--- Available records Enclosed Below ---

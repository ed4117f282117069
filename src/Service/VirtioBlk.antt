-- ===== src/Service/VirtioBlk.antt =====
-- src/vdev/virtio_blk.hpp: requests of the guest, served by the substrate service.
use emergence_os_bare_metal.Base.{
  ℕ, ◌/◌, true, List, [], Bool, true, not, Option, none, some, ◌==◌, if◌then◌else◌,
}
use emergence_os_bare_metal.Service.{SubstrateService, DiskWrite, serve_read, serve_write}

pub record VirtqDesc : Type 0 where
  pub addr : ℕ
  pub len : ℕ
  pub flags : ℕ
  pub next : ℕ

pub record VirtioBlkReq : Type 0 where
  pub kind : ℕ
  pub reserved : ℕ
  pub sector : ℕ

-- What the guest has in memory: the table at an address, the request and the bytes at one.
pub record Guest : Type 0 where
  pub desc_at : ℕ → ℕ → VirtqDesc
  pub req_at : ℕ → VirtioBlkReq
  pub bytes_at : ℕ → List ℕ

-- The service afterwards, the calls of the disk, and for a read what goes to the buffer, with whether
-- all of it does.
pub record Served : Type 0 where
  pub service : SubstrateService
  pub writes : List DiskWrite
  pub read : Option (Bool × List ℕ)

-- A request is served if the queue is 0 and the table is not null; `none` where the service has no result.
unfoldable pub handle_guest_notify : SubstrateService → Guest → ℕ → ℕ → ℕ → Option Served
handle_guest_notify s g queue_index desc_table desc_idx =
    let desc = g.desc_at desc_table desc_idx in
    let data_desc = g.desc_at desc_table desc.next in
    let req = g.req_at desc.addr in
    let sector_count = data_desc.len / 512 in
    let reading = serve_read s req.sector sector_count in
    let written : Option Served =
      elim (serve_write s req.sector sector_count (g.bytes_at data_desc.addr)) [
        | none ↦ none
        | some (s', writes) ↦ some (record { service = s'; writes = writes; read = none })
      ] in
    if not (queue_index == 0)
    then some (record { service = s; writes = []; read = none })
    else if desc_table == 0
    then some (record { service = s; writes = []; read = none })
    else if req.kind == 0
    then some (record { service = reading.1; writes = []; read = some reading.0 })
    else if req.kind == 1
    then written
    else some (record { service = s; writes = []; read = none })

--- End of Enclosed Available records ---
--- Available records Enclosed Below ---

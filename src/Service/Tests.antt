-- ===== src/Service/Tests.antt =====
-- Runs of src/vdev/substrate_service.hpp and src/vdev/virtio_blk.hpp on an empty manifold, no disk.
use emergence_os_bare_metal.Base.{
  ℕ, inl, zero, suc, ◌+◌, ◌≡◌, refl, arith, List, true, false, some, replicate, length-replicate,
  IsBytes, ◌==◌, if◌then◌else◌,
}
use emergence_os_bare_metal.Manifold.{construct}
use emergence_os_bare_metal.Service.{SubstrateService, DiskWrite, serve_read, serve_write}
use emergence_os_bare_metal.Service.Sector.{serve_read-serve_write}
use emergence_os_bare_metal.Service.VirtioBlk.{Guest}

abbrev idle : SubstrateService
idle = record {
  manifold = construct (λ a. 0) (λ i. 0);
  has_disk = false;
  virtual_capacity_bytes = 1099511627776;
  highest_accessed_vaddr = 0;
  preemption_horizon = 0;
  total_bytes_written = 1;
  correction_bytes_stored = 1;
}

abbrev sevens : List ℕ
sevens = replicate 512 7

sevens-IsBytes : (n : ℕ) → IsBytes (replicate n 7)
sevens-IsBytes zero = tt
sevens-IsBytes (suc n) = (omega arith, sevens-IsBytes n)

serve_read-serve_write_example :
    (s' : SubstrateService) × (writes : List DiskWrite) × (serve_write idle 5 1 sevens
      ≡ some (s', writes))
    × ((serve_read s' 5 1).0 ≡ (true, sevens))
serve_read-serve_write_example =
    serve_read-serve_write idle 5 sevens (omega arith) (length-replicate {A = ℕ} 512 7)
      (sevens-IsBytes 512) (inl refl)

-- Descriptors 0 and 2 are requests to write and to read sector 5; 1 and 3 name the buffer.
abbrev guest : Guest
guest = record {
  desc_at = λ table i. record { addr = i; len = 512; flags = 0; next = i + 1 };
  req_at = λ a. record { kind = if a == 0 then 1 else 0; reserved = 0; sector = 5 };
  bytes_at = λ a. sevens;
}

--- End of Enclosed Available records ---

▶ What is required
All that should be written out is the stretch of lines above between the one holding "let data_desc = g.desc_at" and the one holding "else some (record", inclusive, exactly as given.

▶ Task response
    let data_desc = g.desc_at desc_table desc.next in
    let req = g.req_at desc.addr in
    let sector_count = data_desc.len / 512 in
    let reading = serve_read s req.sector sector_count in
    let written : Option Served =
      elim (serve_write s req.sector sector_count (g.bytes_at data_desc.addr)) [
        | none ↦ none
        | some (s', writes) ↦ some (record { service = s'; writes = writes; read = none })
      ] in
    if not (queue_index == 0)
    then some (record { service = s; writes = []; read = none })
    else if desc_table == 0
    then some (record { service = s; writes = []; read = none })
    else if req.kind == 0
    then some (record { service = reading.1; writes = []; read = some reading.0 })
    else if req.kind == 1
    then written
    else some (record { service = s; writes = []; read = none })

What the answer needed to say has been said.